Zhang Ray, Podtelezhnikov Alexei A, Hogenesch John B, Anafi Ron C
Department of Systems Pharmacology and Translational Therapeutics, University of Pennsylvania Perelman School of Medicine, Philadelphia, Pennsylvania.
Department of Genetics and Pharmacogenomics, Merck Research Laboratories, West Point, Pennsylvania.
J Biol Rhythms. 2016 Jun;31(3):244-57. doi: 10.1177/0748730416631895. Epub 2016 Mar 8.
Several tools use prior biological knowledge to interpret gene expression data. However, existing enrichment tools assume that variables are monotonic and incorrectly measure the distance between periodic phases. As a result, these tools are poorly suited for the analysis of the cell cycle, circadian clock, or other periodic systems. Here, we develop Phase Set Enrichment Analysis (PSEA) to incorporate prior knowledge into the analysis of periodic data. PSEA identifies biologically related gene sets showing temporally coordinated expression. Using synthetic gene sets of various sizes generated from von Mises (circular normal) distributions, we benchmarked PSEA alongside existing methods. PSEA offered enhanced sensitivity over a broad range of von Mises distributions and gene set sizes. Importantly, and unlike existing tools, the sensitivity of PSEA is independent of the mean expression phase of the set. We applied PSEA to 4 published datasets. Application of PSEA to the mouse circadian atlas revealed that several pathways, including those regulating immune and cell-cycle function, demonstrate temporal orchestration across multiple tissues. We then applied PSEA to the phase shifts following a restricted feeding paradigm. We found that this perturbation disrupts intraorgan metabolic synchrony in the liver, altering the timing between anabolic and catabolic pathways. Reanalysis of expression data using custom gene sets derived from recent ChIP-seq results revealed circadian transcriptional targets bound exclusively by CLOCK, independently of BMAL1, differ from other exclusive circadian output genes and have well-synchronized phases. Finally, we used PSEA to compare 2 cell-cycle datasets. PSEA increased the apparent biological overlap while also revealing evidence of cell-cycle dysregulation in these cancer cells. To encourage its use by the community, we have implemented PSEA as a Java application. In sum, PSEA offers a powerful new tool to investigate large-scale, periodic data for biological insight.

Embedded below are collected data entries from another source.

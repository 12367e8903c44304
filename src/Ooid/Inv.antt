-- ===== src/Ooid/Inv.antt =====
-- What the trees and the path heap of the factory keep true of one another.
use okscada.Prelude.{
  ℕ, ◌+◌, ◌^◌, ◌≤◌, ◌<◌, ◌≡◌, refl, sym, ◌∙◌, inl, inr, true, List, [], ◌∷◌, ◌++◌, none, some,
  length, ◌==◌, if◌then◌else◌, arith, Bool-cases, ==_false, ==_refl, append_assoc,
}
use okscada.Prelude.CString.{str_at, str_at-append, IsCStr, StringCompare, bytes_eq, bytes_eq_iff}
use okscada.Tree.{ushort_mod}
use okscada.Tree.Map.{add_key}
use okscada.Tree.Numeric.{IsNumeric, num_lookup}
use okscada.Tree.Refine.{tree_num_add_refines, fresh-IsNumeric, fresh-num_lookup}
use okscada.Tree.Text.Sound.{IsText, text_lookup, EndsIn, EndsIn-append}
use okscada.Tree.Text.Refine.{tree_add_lookups, fresh-IsText, fresh-text_lookup}
use okscada.Ooid.{Factory, Memory, to_int, ooid_bytes, init_factory, add_ooid_path}

abbrev pub all_memory : Memory
all_memory = record { path_buf = true; path_arr = true; ooid_arr = true }

-- The tree of identifiers leads from `v` to a place of the heap where `s` stands.
abbrev pub Names : Factory → ℕ → List ℕ → Type 0
Names f v s =
    (off : ℕ) × (num_lookup f.by_ooid v ≡ some off) × (str_at f.heap off ≡ s) × EndsIn f.heap off

some_eq : (a b : ℕ) → some a ≡ some b → a ≡ b
some_eq a b e = cc

module _ (c : StringCompare) where
  -- Each registered path has an identifier from 1 to `seq` that leads back to it, and no
  -- identifier above `seq` is taken.
  pub record Inv (f : Factory) : Type 0 where
    pub text : IsText f.by_path
    pub numeric : IsNumeric f.by_ooid
    pub small : f.seq < 2 ^ 31
    pub named :
        (s : List ℕ) (v : ℕ)
        → text_lookup c f.by_path s ≡ some v
        → (0 < v) × (v ≤ f.seq) × Names f v s
    pub fresh : (v : ℕ) → f.seq < v → v < 2 ^ 32 → num_lookup f.by_ooid v ≡ none

  pub init_factory-Inv : Inv init_factory
  init_factory-Inv = record {
    text = fresh-IsText;
    numeric = fresh-IsNumeric;
    small = omega arith;
    named = λ s v e. cc (fresh-text_lookup c s);
    fresh = λ v _ _. fresh-num_lookup v;
  }

  module _ (f : Factory) (path : List ℕ) (w : Inv f) (h : IsCStr path) (top : f.seq + 1 < 2 ^ 31)
      (room : length f.by_path.e_arr < ushort_mod) (room' : length f.by_ooid.e_arr < ushort_mod)
      (unknown : text_lookup c f.by_path path ≡ none) where
    abbrev pub added : Factory
    added = (add_ooid_path c all_memory (record f { seq = f.seq + 1 }) path (f.seq + 1)).0

    same_int : to_int (f.seq + 1) ≡ f.seq + 1
    same_int = omega arith

    pub IsText-added :
        (s : List ℕ)
        → IsText added.by_path
          × (text_lookup c added.by_path s
              ≡ (if bytes_eq s path then some (f.seq + 1) else text_lookup c f.by_path s))
    unfolding add_ooid_path add_key
    IsText-added s =
        let (t, e, _) = tree_add_lookups c f.by_path path s (f.seq + 1) w.text h room in
        rw same_int (t, rw unknown at e)

    IsNumeric-added :
        (v : ℕ)
        → v < 2 ^ 32
        → IsNumeric added.by_ooid
          × (num_lookup added.by_ooid v
              ≡ (if v == f.seq + 1 then some (length f.heap) else num_lookup f.by_ooid v))
    unfolding add_ooid_path add_key
    IsNumeric-added v l =
        let k = f.seq + 1 in
        let (t, e, _) =
          tree_num_add_refines f.by_ooid k (length f.heap) v w.numeric (omega arith) l room' in
        rw same_int (t, rw (w.fresh k (omega arith) (omega arith)) at e)

    added_heap : List ℕ
    added_heap = f.heap ++ (path ++ 0 ∷ ooid_bytes (f.seq + 1))

    heap-added : added.heap ≡ added_heap
    unfolding add_ooid_path added_heap
    heap-added = refl

    seq-added : added.seq ≡ f.seq + 1
    unfolding add_ooid_path
    seq-added = refl

    -- The new path stands at the old end of the heap.
    pub Names-new : Names added (f.seq + 1) path
    unfolding added_heap
    Names-new = (
      length f.heap,
      rw ((IsNumeric-added (f.seq + 1) (omega arith)).1, ==_refl (f.seq + 1)),
      rw heap-added (str_at-append f.heap path (ooid_bytes (f.seq + 1)) h),
      λ rest.
          rw
            (
              heap-added,
              append_assoc f.heap (path ++ 0 ∷ ooid_bytes (f.seq + 1)) rest,
              append_assoc path (0 ∷ ooid_bytes (f.seq + 1)) rest,
            )
            (str_at-append f.heap path _ h ∙ sym (str_at-append f.heap path _ h)),
    )

    pub Names-old : (s : List ℕ) (v : ℕ) → v ≤ f.seq → Names f v s → Names added v s
    unfolding added_heap
    Names-old s v l (off, a, b, e) = (
      off,
      rw ((IsNumeric-added v (omega arith)).1, ==_false v (f.seq + 1) (omega arith)) a,
      rw heap-added (e _ ∙ b),
      rw heap-added (EndsIn-append f.heap _ off e),
    )

    named-added :
        (s : List ℕ) (v : ℕ)
        → text_lookup c added.by_path s ≡ some v
        → (0 < v) × (v ≤ added.seq) × Names added v s
    named-added s v e = elim (Bool-cases (bytes_eq s path)) [
      | inl z ↦
          let q : f.seq + 1 ≡ v = some_eq (f.seq + 1) v (rw z at (sym (IsText-added s).1 ∙ e)) in
          (omega arith, omega (arith, seq-added), rw (← q, (bytes_eq_iff s path).0 z) Names-new)
      | inr d ↦
          let (a, b, n) = w.named s v (rw d at (sym (IsText-added s).1 ∙ e)) in
          (a, omega (arith, seq-added), Names-old s v b n)
    ]

    pub add_ooid_path-Inv : Inv added
    add_ooid_path-Inv = record {
      text = (IsText-added []).0;
      numeric = (IsNumeric-added 0 (omega arith)).0;
      small = rw seq-added top;
      named = named-added;
      fresh = λ v a b.
          rw ((IsNumeric-added v b).1, ==_false v (f.seq + 1) (omega (arith, seq-added)))
            (w.fresh v (omega (arith, seq-added)) b);
    }
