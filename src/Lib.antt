-- ===== src/Lib.antt =====
-- PromiseGuard: decisions about orders whose delivery promise is at risk.
--
-- An order event is scored for risk, its recovery options are simulated and ranked, a policy gateway
-- says whether the best one may be executed, and the decision is recorded in an immutable ledger. A
-- person approves what may not be executed automatically. Autonomy has to be earned by verified
-- outcomes, and a guard keeps the cost of language model calls within a budget.
--
-- Which file models which part (paths are from the repository's root; a directory of the same name
-- holds the proofs, and the tests with the concrete runs):
--   Models.antt        src/promiseguard/models.py: the enumerations and records
--   Floats.antt        Python's floats, a parameter with the laws that the code relies on
--   Codec.antt         SHA-256 and canonical JSON, a parameter
--   Money.antt         _money of simulator.py and verification.py
--   Simulator.antt     simulator.py: RecoverySimulator.simulate and _build_option
--   Optimizer.antt     optimizer.py: DecisionOptimizer.select is select_option
--   Policy.antt        policy.py: PolicyGateway.evaluate is evaluate_policy
--   Database.antt      database.py and db_models.py: the tables and the session
--   Persistence.antt   persistence.py: the repositories of events, decisions, actions, approvals
--                      and outcomes
--   Ledger.antt        ledger.py: InMemoryDecisionLedger and SqlDecisionLedger
--   Orchestrator.antt  orchestrator.py: PromiseGuardOrchestrator.evaluate
--   Budget.antt        openai_budget.py and openai_models.py: OpenAIBudgetManager
--   Cost.antt          openai_cost.py
--   Identity.antt      identity.py: bind_claimed_role and assert_separation_of_duties
--   Approval.antt      approval.py: ApprovalService
--   Autonomy.antt      autonomy.py: AutonomyController
--   Sandbox.antt       adapters/sandbox.py: SimulatedOperationsAdapter and the runtime it shares
--   Execution.antt     execution.py: ActionGateway.execute and its actions
--   Verification.antt  verification.py: OutcomeVerificationService
--   Workflow.antt      workflow.py: RecoveryWorkflowService; Workflow/Reach.antt has the states that
--                      calls of all these services reach
--   Feedback.antt      feedback.py and FeedbackRepository of persistence.py
--   Agent.antt         openai_agent.py: OpenAIAgentService.run is run_agent; Agent/Context.antt has
--                      _context and _validate
--   Services.antt      evaluation.py, and the gateway and the orchestrator as services.py builds them
-- Prelude.antt has what they share, Examples.antt the values of the tests.
--
-- How the code is read. A method that changes the database is an Exec: a function from the tables to
-- a result, a value or an exception with its class and message, and the tables after it. A session
-- commits on return and rolls back on an exception. A table is the list of its rows in the order of
-- insertion; the one row that a query in descending order asks for is `newest`. Instants are
-- microseconds in UTC, so that ensure_utc changes nothing; the reading of the clock is an argument.
-- An amount of an order is a decimal of any number of places, and `_money` rounds what is computed of
-- it; what it returns, and the amounts that come of it, are in whole cents. Sums and products of
-- decimals are exact, as Python's are within the 28 digits of its default context. Language model
-- calls are paid in whole micro-dollars. A float is a bit pattern whose arithmetic is a parameter.
-- Every loop is a structural recursion, so that no fuel is needed.
--
-- The workflow changes the database and the systems of record together, and the agent the books of
-- the budget too: `on_db`, `on_sandbox`, `on_world` and `on_books` lift the methods of the parts.
--
-- Not modelled: the field validators of pydantic, foreign keys, concurrency below the level of a
-- session, the typed contracts of the adapters, the settings and the rest of the container in services.py,
-- the rules of the risk scorer, the OpenAI client (a parameter), the trained model, synthetic data,
-- metrics, the HTTP API and the console.
pub mod Prelude
pub mod Models
pub mod Money
pub mod Floats
pub mod Simulator
pub mod Optimizer
pub mod Policy
pub mod Codec
pub mod Database
pub mod Persistence
pub mod Ledger
pub mod Orchestrator
pub mod Budget
pub mod Cost
pub mod Identity
pub mod Approval
pub mod Autonomy
pub mod Examples
pub mod Sandbox
pub mod Execution
pub mod Verification
pub mod Workflow
pub mod Feedback
pub mod Agent
pub mod Services
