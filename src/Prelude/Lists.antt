-- ===== src/Prelude/Lists.antt =====
-- Lists as sequences and as database tables: a lookup is the first row that passes a test, a write
-- changes the rows that pass one.
use Prim.Native.Nat.{ℕ, suc, ◌+◌}
use mathlib.Core.Path.{◌≡◌, refl}
use mathlib.Core.Logic.{inl, inr}
use mathlib.Core.Bool.{Bool, true, ◌&&◌}
use mathlib.Core.List.{List, [], ◌∷◌, ◌++◌}
use mathlib.Core.Option.{Option, none, some}
use native.Mathlib.Omega.{arith}
use promiseguard_ai.Prelude.Tests.{if◌then◌else◌, is_some, Bool-cases}

module _ {ℓ} {A : Type ℓ} where
  abbrev pub length : List A → ℕ
  length [] = 0
  length (x ∷ xs) = suc (length xs)

  abbrev pub find : (A → Bool) → List A → Option A
  find p [] = none
  find p (x ∷ xs) = if p x then some x else find p xs

  -- `[x for x in xs if p(x)]`
  abbrev pub select : (A → Bool) → List A → List A
  select p [] = []
  select p (x ∷ xs) = let rest = select p xs in if p x then x ∷ rest else rest

  abbrev pub any : (A → Bool) → List A → Bool
  any p xs = is_some (find p xs)

  -- `UPDATE … WHERE p`
  abbrev pub update_where : (A → Bool) → (A → A) → List A → List A
  update_where p f [] = []
  update_where p f (x ∷ xs) = (if p x then f x else x) ∷ update_where p f xs

  -- A change of the row that a lookup returned.
  abbrev pub update_first : (A → Bool) → (A → A) → List A → List A
  update_first p f [] = []
  update_first p f (x ∷ xs) = if p x then f x ∷ xs else x ∷ update_first p f xs

  abbrev pub sum_of : (A → ℕ) → List A → ℕ
  sum_of f [] = 0
  sum_of f (x ∷ xs) = f x + sum_of f xs

  abbrev pub All {κ} : (A → Type κ) → List A → Type κ
  All P [] = Unit
  All P (x ∷ xs) = P x × All P xs

module _ {ℓ} {A : Type ℓ} where
  pub find_holds : (p : A → Bool) (xs : List A) {x : A} → find p xs ≡ some x → p x ≡ true
  find_holds p [] h = cc
  find_holds p (y ∷ ys) {x} h = ground (arith, find_holds p ys {x = x})

  pub find-append :
      (p : A → Bool) (xs : List A) (y : A)
      → find p (xs ++ y ∷ [])
        ≡ elim (find p xs) [ some x ↦ some x | none ↦ if p y then some y else none ]
  find-append p [] y = ground arith
  find-append p (x ∷ xs) y = ground (arith, find-append p xs y)

  pub find-All {κ} :
      (P : A → Type κ) (p : A → Bool) (xs : List A) {x : A} → All P xs → find p xs ≡ some x → P x
  find-All P p [] all h = cc
  find-All P p (y ∷ ys) {x} all h = ground (arith, find-All P p ys {x = x} all.1)

  pub All-append {κ} :
      (P : A → Type κ) (xs : List A) (y : A) → All P xs → P y → All P (xs ++ y ∷ [])
  All-append P [] y all h = (h, tt)
  All-append P (x ∷ xs) y all h = (all.0, All-append P xs y all.1 h)

  pub sum_of-append :
      (f : A → ℕ) (xs : List A) (y : A) → sum_of f (xs ++ y ∷ []) ≡ sum_of f xs + f y
  sum_of-append f [] y = omega arith
  sum_of-append f (x ∷ xs) y = omega (arith, sum_of-append f xs y)

  pub sum_of-update_first :
      (g : A → ℕ) (p : A → Bool) (f : A → A) (xs : List A) {x : A}
      → find p xs ≡ some x
      → sum_of g (update_first p f xs) + g x ≡ sum_of g xs + g (f x)
  sum_of-update_first g p f [] h = cc
  sum_of-update_first g p f (y ∷ ys) {x} h = ground (arith, sum_of-update_first g p f ys {x = x})

  pub find-update_first :
      (p : A → Bool) (f : A → A) (xs : List A) {x : A}
      → find p xs ≡ some x
      → p (f x) ≡ true
      → find p (update_first p f xs) ≡ some (f x)
  find-update_first p f [] h k = cc
  find-update_first p f (y ∷ ys) {x} h k = ground (arith, find-update_first p f ys {x = x})

  abbrev pub map_option : (A → A) → Option A → Option A
  map_option f none = none
  map_option f (some x) = some (f x)

  -- An UPDATE that keeps what a lookup tests changes the row that the lookup finds, or none.
  pub find-update_where :
      (p q : A → Bool) (f : A → A) (xs : List A)
      → ((x : A) → p (f x) ≡ p x)
      → find p (update_where q f xs) ≡ map_option (λ x. if q x then f x else x) (find p xs)
  find-update_where p q f [] same = refl
  find-update_where p q f (x ∷ xs) same = ground (arith, same x, find-update_where p q f xs same)

  -- An UPDATE that matches no row changes nothing.
  pub update_where-none :
      (q : A → Bool) (f : A → A) (xs : List A) → find q xs ≡ none → update_where q f xs ≡ xs
  update_where-none q f [] h = refl
  update_where-none q f (x ∷ xs) h = ground (arith, update_where-none q f xs)

  pub find-and :
      (p q : A → Bool) (xs : List A) {x : A}
      → find p xs ≡ some x
      → q x ≡ true
      → find (λ y. p y && q y) xs ≡ some x
  find-and p q [] h k = cc
  find-and p q (y ∷ ys) {x} h k = ground (arith, find-and p q ys {x = x})

  pub All-update_first {κ} :
      (P : A → Type κ) (p : A → Bool) (f : A → A) (xs : List A)
      → All P xs
      → ((x : A) → find p xs ≡ some x → P x → P (f x))
      → All P (update_first p f xs)
  All-update_first P p f [] all step = all
  All-update_first P p f (x ∷ xs) all step = elim (Bool-cases (p x)) [
    | inl hit ↦ rw hit (step x (ground arith) all.0, all.1)
    | inr other ↦
        rw other (all.0, All-update_first P p f xs all.1 (λ y found. step y (ground arith)))
  ]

有几种工具利用先前的生物学知识来解释基因表达数据。然而,现有的富集工具假定变量是单调的,并且错误地测量了周期性阶段之间的距离。因此,这些工具不太适合分析细胞周期、生物钟或其他周期性系统。在这里,我们开发了相集富集分析(PSEA),以便将先验知识纳入周期性数据的分析中。PSEA可识别显示时间协调表达的生物学相关基因集。我们使用从冯·米塞斯(圆形正态)分布生成的各种大小的合成基因集,将PSEA与现有方法进行了基准测试。在广泛的冯·米塞斯分布和基因集大小范围内,PSEA具有更高的灵敏度。重要的是,与现有工具不同,PSEA的灵敏度与集合的平均表达阶段无关。我们将PSEA应用于4个已发表的数据集。将PSEA应用于小鼠昼夜节律图谱时发现,包括那些调节免疫和细胞周期功能的途径在内的几种途径,在多个组织中表现出时间上的协调。然后,我们将PSEA应用于限时喂养模式后的相位变化。我们发现这种扰动破坏了肝脏内器官间的代谢同步性,改变了合成代谢和分解代谢途径之间的时间安排。使用从最近的ChIP-seq结果衍生的定制基因集对表达数据进行重新分析发现,仅由CLOCK结合而独立于BMAL1的昼夜节律转录靶点,与其他专属的昼夜节律输出基因不同,并且具有良好同步的相位。最后,我们使用PSEA比较了两个细胞周期数据集。PSEA增加了明显的生物学重叠,同时也揭示了这些癌细胞中细胞周期失调的证据。为了鼓励社区使用它,我们已将PSEA实现为一个Java应用程序。总之,PSEA提供了一个强大的新工具,用于研究大规模周期性数据以获得生物学见解。